This is a clearly repeatable massive flaw in OneDrive that makes its use in business so dangerous...
A few days ago, I had a big sort out of my OneDrive folder structure - deleted lots of documents and folders and, more importantly, moved things around, created new folders, moved files into their etc. General housekeeping.
My main PC a new build with a new Ryzen 3000 CPU and motherboard - where everything is a bit fresh and therefore a little unstable. NOTE: this is nothing to do with the bug I'm reporting here but just setting the scene. Today I installed the latest AMD Radeon driver and I wasn't happy with the installation - as I said, new build.
So I restored my PC to an image I took on 9th September - an image created by Macrium Reflect.
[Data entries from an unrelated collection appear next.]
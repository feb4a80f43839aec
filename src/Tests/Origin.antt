-- ===== src/Tests/Origin.antt =====
-- The server is started, and Alice logs in.
use model_lib.Base.{◌≡◌, refl, List, [], ◌∷◌, arith, pos, ℤ}
use model_lib.CString.{text}
use model_lib.Packet.{SendPack, Node}
use model_lib.Server.{Env, Server, ok, for_each}
use model_lib.Server.Keeps.{All}
use model_lib.Sqlite.Sql.{create_stmt}
use model_lib.Sqlite.Write.{create_sql, create_table, sqlite3_init}
use model_lib.Handle.Account.Login.{handle_login_accepts}
use model_lib.CString.{mem_eq_refl}
use model_lib.Packet.Cmd
use model_lib.Client.Account.Login.{login_packet}
use model_lib.Serve.{serve, run, globals}
use model_lib.Serve.Session.{login_request, served, handle_packet-login}
use model_lib.Serve.Origin.Events.{NoTransfer, Came, AskedLogin, run-Origin}
use model_lib.Tests.{alice, question, reply, alice-IsString, found, answering, connection}
use model_lib.Tests.Client.{no_files, her_row, her_row-Fits, long_secret}

abbrev db : Env
db = answering (her_row ∷ [])

-- After sqlite3_init.
abbrev begun : Server
begun = record globals {
  db =
      create_sql 3 (text "userdata")
      ∷ create_sql 2 (text "grouplist")
      ∷ create_sql 7 (text "filelist")
      ∷ create_sql 4 (text "message")
      ∷ create_sql 5 (text "friendreq")
      ∷ create_sql 4 (text "groupinvite")
      ∷ [];
}

sqlite3_init-begun : sqlite3_init db globals ≡ ok tt begun
unfolding sqlite3_init create_table create_sql create_stmt text
sqlite3_init-begun = refl

abbrev events : List (ℤ × SendPack)
events = (connection, login_packet alice long_secret) ∷ []

abbrev after : Server
after = served db connection alice long_secret question reply (pos 1) begun

login_served : serve db no_files events begun ≡ ok tt after
unfolding serve for_each
login_served =
    rw
      (handle_packet-login db no_files connection alice long_secret begun after alice-IsString
        (omega arith)
        (handle_login_accepts db connection (login_request alice long_secret) begun
          (found (her_row ∷ [])) question reply long_secret (pos 1) alice-IsString (omega arith)
          refl refl her_row-Fits (mem_eq_refl long_secret) refl refl refl))
      refl

run_served : run db no_files events globals ≡ ok tt after
unfolding run
run_served = rw (sqlite3_init-begun, login_served) refl

login_chats : NoTransfer Cmd.login
login_chats = record { not_info = refl; not_data = refl; not_recv = refl }

run-Origin_example :
    All (λ (m : ℤ × SendPack). Came events m.0) after.sent
    × All (λ (n : Node). AskedLogin events n.fd) after.online_user
run-Origin_example = run-Origin db no_files events after (login_chats, tt) run_served
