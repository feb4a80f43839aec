-- ===== src/Tpool/Destroy.antt =====
-- tpool_destroy of epoll+tpool/server/tpool.c: the threads that it joins, and the jobs that it frees.
use model_lib.Base.{
  ℕ, zero, suc, ◌<◌, ◌≤◌, ◌≡◌, refl, ◌≢◌, ◌∙◌, true, Option, none, some, [], ◌∷◌, arith, ◌==◌,
  if◌then◌else◌,
}
use native.Mathlib.Decide.{dec_lt}
use model_lib.Work.{Args}
use model_lib.Tpool.{Ptr, Work, Pool, append_tail, enqueue, tpool_add_work}
use model_lib.Tpool.Queue.{Slots, IsQueue, head_ne, take_job-shutdown}
use model_lib.Tpool.Threads.{
  Phase, ready, asleep, running, ended, System, update, Signal, woke, nobody, wake, Step, add,
  no_memory, take, sleep, quit, finish, switch_off, broadcast, Steps, here, then_step,
}

-- What `free` gets: the start of a node, or its field `info`, which stands behind `routine`.
pub data Address : Type 0 where
  block info_of : Ptr → Address

-- `free`; `none` is an address that `malloc` did not return, or that is free already.
unfoldable pub free : (Ptr → Option Work) → Address → Option (Ptr → Option Work)
free h (info_of p) = none
free h (block p) = elim (h p) [ none ↦ none | some w ↦ some (λ a. if a == p then none else h a) ]

abbrev pub free_both : (Ptr → Option Work) → Ptr → Option (Ptr → Option Work)
free_both h p = elim (free h (info_of p)) [ none ↦ none | some h' ↦ free h' (block p) ]

-- `while(tpool->queue_head)`, with the pool that is left; `none` is a fault.
unfoldable pub free_jobs : (fuel : ℕ) → Pool → Option Pool
unfolding free
free_jobs zero pool = none
free_jobs (suc k) pool =
    if pool.queue_head == 0 then some pool else elim (pool.cell pool.queue_head) [
      | none ↦ none
      | some w ↦ elim (free_both pool.cell pool.queue_head) [
        | none ↦ none
        | some h ↦ free_jobs k (record pool { queue_head = w.next; cell = h })
      ]
    ]

-- The threads that wait for a job are woken, under the lock.
abbrev pub woken : System → System
woken s = record s { phase = λ i. wake (s.phase i) }

-- The first node of a queue is freed at its field `info`.
free_jobs-queued :
    (fuel : ℕ) (pool : Pool) (x : Ptr × Args) (xs : Slots)
    → IsQueue pool (x ∷ xs)
    → free_jobs (suc fuel) pool ≡ none
unfolding free_jobs
free_jobs-queued k pool x xs q =
    let full = head_ne pool.cell pool.queue_tail pool.queue_head x xs q in ground arith

free_jobs-empty : (fuel : ℕ) (pool : Pool) → IsQueue pool [] → free_jobs (suc fuel) pool ≡ some pool
unfolding free_jobs
free_jobs-empty fuel pool q = rw q refl

-- Nobody sleeps in a pool that is shut down.
pub record Down (s : System) : Type 0 where
  pub off : s.pool.shutdown ≡ true
  pub up : (i : ℕ) → s.phase i ≢ asleep

add-shutdown :
    (pool pool' : Pool) (work : Ptr) (arg : Args)
    → tpool_add_work pool work arg ≡ some pool'
    → pool'.shutdown ≡ pool.shutdown
unfolding tpool_add_work enqueue append_tail
add-shutdown pool pool' work arg run = ground arith

Signal-up :
    (n : ℕ) (f g : ℕ → Phase) → Signal n f g → ((i : ℕ) → f i ≢ asleep) → (i : ℕ) → g i ≢ asleep
Signal-up n f g (woke j lt at_j same) up i = absurd (up j at_j)
Signal-up n f g (nobody none_asleep same) up i = rw same (up i)

wake_up : (p : Phase) → wake p ≢ asleep
wake_up ready e = cc
wake_up (running j) e = cc
wake_up asleep e = cc
wake_up ended e = cc

module _ {n : ℕ} where
  Step-Down : {s t : System} → Step n s t → Down s → Down t
  Step-Down {s} (add work arg info {pool} {phase} ne free made run sig) d = record {
    off = add-shutdown s.pool pool work arg run ∙ d.off;
    up = Signal-up n s.phase phase sig d.up;
  }
  Step-Down {s} (no_memory arg {pool} run) d = record {
    off = add-shutdown s.pool pool 0 arg run ∙ d.off;
    up = d.up;
  }
  Step-Down {s} (take i j lt at_i run) d = absurd (cc (take_job-shutdown s.pool d.off))
  Step-Down {s} (sleep i lt at_i run) d = absurd (cc (take_job-shutdown s.pool d.off))
  Step-Down {s} (quit i lt at_i run) d = record { off = d.off; up = λ k. ground (arith, d.up k) }
  Step-Down {s} (finish i lt at_i) d = record { off = d.off; up = λ k. ground (arith, d.up k) }
  Step-Down {s} switch_off d = record { off = refl; up = d.up }
  Step-Down {s} (broadcast down) d = record { off = d.off; up = λ k. wake_up (s.phase k) }

  Steps-Down : {s t : System} → Steps n s t → Down s → Down t
  Steps-Down here d = d
  Steps-Down (then_step steps st) d = Step-Down st (Steps-Down steps d)

  Steps-trans : {s t u : System} → Steps n s t → Steps n t u → Steps n s u
  Steps-trans a here = a
  Steps-trans a (then_step b st) = then_step (Steps-trans a b) st

  end_one :
      (s : System) (i : ℕ) (p : Phase)
      → i < n
      → s.phase i ≡ p
      → Down s
      → (t : System) × Steps n s t
        × (t.phase i ≡ ended)
        × ((k : ℕ) → s.phase k ≡ ended → t.phase k ≡ ended)
  end_one s i ended lt at_i d = (s, here, at_i, λ k e. e)
  end_one s i asleep lt at_i d = absurd (d.up i at_i)
  end_one s i ready lt at_i d =
      let t = record s { phase = update s.phase i ended } in
      (
        t,
        then_step here (quit i lt at_i (take_job-shutdown s.pool d.off)),
        ground arith,
        λ k e. ground arith,
      )
  end_one s i (running j) lt at_i d =
      let u = record s { phase = update s.phase i ready } in
      let t = record u { phase = update u.phase i ended } in
      (
        t,
        then_step (then_step here (finish i lt at_i))
            (quit i lt (ground arith) (take_job-shutdown s.pool d.off)),
        ground arith,
        λ k e. ground arith,
      )

  end_all :
      (k : ℕ) (s : System)
      → k ≤ n
      → Down s
      → (t : System) × Steps n s t × ((i : ℕ) → i < k → t.phase i ≡ ended)
  end_all zero s le d = (s, here, λ i lt. absurd (omega arith))
  end_all (suc k) s le d =
      let (t, steps, done) = end_all k s (omega arith) d in
      let (u, more, last, stays) =
        end_one t k (t.phase k) (omega arith) refl (Steps-Down steps d) in
      (
        u,
        Steps-trans steps more,
        λ i lt. elim (dec_lt i k) [
          | yes below ↦ stays i (done i below)
          | no above ↦ let same : i ≡ k = omega arith in rw same last
        ],
      )

  -- With shutdown set and the waiting threads woken, every state that the threads reach from there
  -- is followed by a run in which every thread has ended, so that no order of steps makes it
  -- impossible for the joins of tpool_destroy to return.
  pub woken-joins :
      (s t : System)
      → s.pool.shutdown ≡ true
      → Steps n (woken s) t
      → (u : System) × Steps n t u × ((i : ℕ) → i < n → u.phase i ≡ ended)
  woken-joins s t off steps =
      let down : Down (woken s) = record { off = off; up = λ i. wake_up (s.phase i) } in
      end_all n t (omega arith) (Steps-Down steps down)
This is a pretty common scenario in development and test environments. Same thing might happen if you use virtual machines and restore an earlier snapshot.
The flaw: this restored version of OneDrive (only a few weeks old) decided it was the master (!) and undid all those changes I'd made above - it restored OneDrive back to the 9th September. This is a horrible bug.
Fortunately, in this instance, I spotted it quickly and was able to use the "Restore OneDrive" feature in Office 365 - to restore it back to just before the PC image was restored. But I might not have spotted it for a few days whereby I'd then have out of date stuff melded in with modified files.
This bug is highly repeatable and has been present for several years.
Needless to say, Google Drive and Dropbox which were also restored in that image did not exhibit the same bug. They have better algorithms for tracking changes obviously.
And please, please, please don't suggest UserVoice... that's for feature requests. This is a massive bug and makes working with images and/or virtual machine snapshots a real risk.